The task:
Count each line below that has the word "world" in it, and give only the total.

[Information supplied Boundary: Start]

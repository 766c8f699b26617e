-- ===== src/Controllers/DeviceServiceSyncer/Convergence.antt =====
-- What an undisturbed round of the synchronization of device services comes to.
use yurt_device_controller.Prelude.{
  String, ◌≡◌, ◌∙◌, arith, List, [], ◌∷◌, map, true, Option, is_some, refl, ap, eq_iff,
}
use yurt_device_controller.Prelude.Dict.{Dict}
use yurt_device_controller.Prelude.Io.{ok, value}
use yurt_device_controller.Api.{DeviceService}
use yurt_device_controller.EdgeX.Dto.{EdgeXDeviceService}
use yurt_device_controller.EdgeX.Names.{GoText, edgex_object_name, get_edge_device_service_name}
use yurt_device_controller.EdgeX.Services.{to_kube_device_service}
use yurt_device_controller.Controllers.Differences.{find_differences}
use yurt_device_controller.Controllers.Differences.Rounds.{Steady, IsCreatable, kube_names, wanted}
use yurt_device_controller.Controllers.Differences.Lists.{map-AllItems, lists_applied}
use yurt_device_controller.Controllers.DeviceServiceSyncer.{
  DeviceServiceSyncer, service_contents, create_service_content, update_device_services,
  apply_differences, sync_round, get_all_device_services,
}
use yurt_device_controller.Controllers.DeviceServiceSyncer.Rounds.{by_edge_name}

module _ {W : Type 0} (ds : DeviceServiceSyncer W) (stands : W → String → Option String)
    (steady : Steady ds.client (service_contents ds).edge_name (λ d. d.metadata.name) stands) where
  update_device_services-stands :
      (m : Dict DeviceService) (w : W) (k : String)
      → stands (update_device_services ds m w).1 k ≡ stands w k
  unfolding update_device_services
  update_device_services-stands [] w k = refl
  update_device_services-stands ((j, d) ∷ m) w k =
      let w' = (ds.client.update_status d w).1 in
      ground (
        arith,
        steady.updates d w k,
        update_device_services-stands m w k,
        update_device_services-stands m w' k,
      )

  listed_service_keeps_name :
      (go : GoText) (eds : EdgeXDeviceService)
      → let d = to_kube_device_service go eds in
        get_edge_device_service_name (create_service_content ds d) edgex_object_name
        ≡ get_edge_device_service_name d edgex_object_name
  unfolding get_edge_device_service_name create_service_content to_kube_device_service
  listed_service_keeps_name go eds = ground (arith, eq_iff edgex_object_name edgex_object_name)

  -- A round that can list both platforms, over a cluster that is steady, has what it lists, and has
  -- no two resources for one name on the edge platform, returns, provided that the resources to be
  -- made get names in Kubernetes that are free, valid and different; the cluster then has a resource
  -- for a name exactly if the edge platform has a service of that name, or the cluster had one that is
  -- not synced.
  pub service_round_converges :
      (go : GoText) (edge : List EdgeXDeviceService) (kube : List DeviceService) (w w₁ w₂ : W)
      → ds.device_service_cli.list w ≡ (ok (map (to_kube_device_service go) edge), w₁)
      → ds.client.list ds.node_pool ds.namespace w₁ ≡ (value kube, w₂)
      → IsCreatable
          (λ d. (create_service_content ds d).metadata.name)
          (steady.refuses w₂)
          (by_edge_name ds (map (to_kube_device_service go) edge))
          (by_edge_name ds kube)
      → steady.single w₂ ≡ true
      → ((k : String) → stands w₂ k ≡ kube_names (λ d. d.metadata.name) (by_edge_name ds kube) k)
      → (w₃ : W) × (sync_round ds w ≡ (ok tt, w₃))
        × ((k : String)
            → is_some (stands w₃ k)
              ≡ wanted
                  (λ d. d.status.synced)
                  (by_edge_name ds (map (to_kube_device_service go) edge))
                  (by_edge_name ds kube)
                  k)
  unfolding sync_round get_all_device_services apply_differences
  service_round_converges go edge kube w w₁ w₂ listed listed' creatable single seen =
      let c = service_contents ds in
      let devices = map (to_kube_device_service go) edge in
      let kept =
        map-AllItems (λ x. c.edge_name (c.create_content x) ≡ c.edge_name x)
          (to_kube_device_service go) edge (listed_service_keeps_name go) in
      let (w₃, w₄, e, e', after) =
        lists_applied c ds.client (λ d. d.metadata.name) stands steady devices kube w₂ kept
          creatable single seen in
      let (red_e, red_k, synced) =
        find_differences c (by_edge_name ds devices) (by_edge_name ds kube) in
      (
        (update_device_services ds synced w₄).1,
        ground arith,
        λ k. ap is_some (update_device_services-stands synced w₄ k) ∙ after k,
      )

[Information supplied Boundary: End]
[Information supplied Boundary: Start]

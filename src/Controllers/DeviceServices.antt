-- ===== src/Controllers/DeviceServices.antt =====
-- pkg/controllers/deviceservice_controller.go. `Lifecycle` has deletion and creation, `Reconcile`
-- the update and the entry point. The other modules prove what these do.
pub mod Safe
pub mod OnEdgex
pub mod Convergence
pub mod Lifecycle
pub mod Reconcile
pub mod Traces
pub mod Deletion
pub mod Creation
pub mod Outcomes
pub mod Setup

[Information supplied Boundary: End]
[Information supplied Boundary: Start]

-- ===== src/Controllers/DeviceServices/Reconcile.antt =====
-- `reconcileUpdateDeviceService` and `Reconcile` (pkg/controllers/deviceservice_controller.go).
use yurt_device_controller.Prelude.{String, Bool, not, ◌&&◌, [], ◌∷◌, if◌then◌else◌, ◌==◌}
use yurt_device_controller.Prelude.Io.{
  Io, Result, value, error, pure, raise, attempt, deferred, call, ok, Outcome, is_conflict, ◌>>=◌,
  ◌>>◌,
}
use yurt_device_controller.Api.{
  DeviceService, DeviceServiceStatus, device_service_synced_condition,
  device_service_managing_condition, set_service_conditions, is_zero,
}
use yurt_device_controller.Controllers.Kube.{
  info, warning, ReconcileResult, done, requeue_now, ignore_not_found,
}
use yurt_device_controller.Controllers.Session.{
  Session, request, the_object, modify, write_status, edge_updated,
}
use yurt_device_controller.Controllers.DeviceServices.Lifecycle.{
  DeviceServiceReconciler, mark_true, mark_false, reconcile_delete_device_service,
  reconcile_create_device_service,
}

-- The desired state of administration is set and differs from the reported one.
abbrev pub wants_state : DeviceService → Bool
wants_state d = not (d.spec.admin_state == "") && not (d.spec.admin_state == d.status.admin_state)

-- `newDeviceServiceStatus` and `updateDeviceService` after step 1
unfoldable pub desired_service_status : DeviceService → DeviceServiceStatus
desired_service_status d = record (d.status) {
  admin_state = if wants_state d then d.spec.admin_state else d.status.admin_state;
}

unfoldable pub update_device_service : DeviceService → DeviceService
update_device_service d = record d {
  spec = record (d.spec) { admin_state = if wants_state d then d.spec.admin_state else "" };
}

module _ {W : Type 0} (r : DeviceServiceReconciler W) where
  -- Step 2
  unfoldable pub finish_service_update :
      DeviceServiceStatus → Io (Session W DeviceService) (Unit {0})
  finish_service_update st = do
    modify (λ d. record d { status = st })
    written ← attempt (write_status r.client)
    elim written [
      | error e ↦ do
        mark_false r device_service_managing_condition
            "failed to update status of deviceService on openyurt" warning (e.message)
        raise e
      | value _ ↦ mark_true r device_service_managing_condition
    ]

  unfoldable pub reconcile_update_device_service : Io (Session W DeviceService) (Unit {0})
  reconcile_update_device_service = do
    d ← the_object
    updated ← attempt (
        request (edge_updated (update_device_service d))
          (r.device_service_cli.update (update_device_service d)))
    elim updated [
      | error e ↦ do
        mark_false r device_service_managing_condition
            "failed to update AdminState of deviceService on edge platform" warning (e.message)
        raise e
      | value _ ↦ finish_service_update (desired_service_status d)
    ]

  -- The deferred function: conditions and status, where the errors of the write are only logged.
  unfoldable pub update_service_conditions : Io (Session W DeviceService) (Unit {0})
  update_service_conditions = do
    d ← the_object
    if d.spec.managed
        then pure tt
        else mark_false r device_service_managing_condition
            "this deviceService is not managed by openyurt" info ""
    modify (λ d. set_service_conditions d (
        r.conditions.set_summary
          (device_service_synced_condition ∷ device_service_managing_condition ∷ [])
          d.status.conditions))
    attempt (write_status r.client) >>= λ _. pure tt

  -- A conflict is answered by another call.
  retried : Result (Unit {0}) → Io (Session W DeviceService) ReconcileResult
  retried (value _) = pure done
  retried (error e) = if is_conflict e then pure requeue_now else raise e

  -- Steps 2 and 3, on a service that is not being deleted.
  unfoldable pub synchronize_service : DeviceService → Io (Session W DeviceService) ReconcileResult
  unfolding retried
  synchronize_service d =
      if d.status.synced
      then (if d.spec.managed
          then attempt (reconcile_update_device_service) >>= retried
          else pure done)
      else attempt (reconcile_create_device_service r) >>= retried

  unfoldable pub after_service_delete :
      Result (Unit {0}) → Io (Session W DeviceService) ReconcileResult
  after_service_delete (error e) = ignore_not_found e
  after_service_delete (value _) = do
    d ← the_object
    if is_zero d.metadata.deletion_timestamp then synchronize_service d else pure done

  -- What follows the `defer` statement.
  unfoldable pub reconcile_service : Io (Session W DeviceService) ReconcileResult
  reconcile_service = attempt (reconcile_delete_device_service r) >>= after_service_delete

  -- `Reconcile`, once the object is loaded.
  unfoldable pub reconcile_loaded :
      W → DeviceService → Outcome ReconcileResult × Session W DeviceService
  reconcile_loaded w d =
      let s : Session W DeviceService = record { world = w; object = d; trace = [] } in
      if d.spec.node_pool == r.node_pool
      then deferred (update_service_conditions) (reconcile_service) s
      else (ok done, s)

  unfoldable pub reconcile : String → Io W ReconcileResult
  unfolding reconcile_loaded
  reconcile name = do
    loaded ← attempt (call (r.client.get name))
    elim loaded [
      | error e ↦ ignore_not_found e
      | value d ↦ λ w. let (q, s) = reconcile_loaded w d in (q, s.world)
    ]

[Information supplied Boundary: End]

Answer to the exercise:
2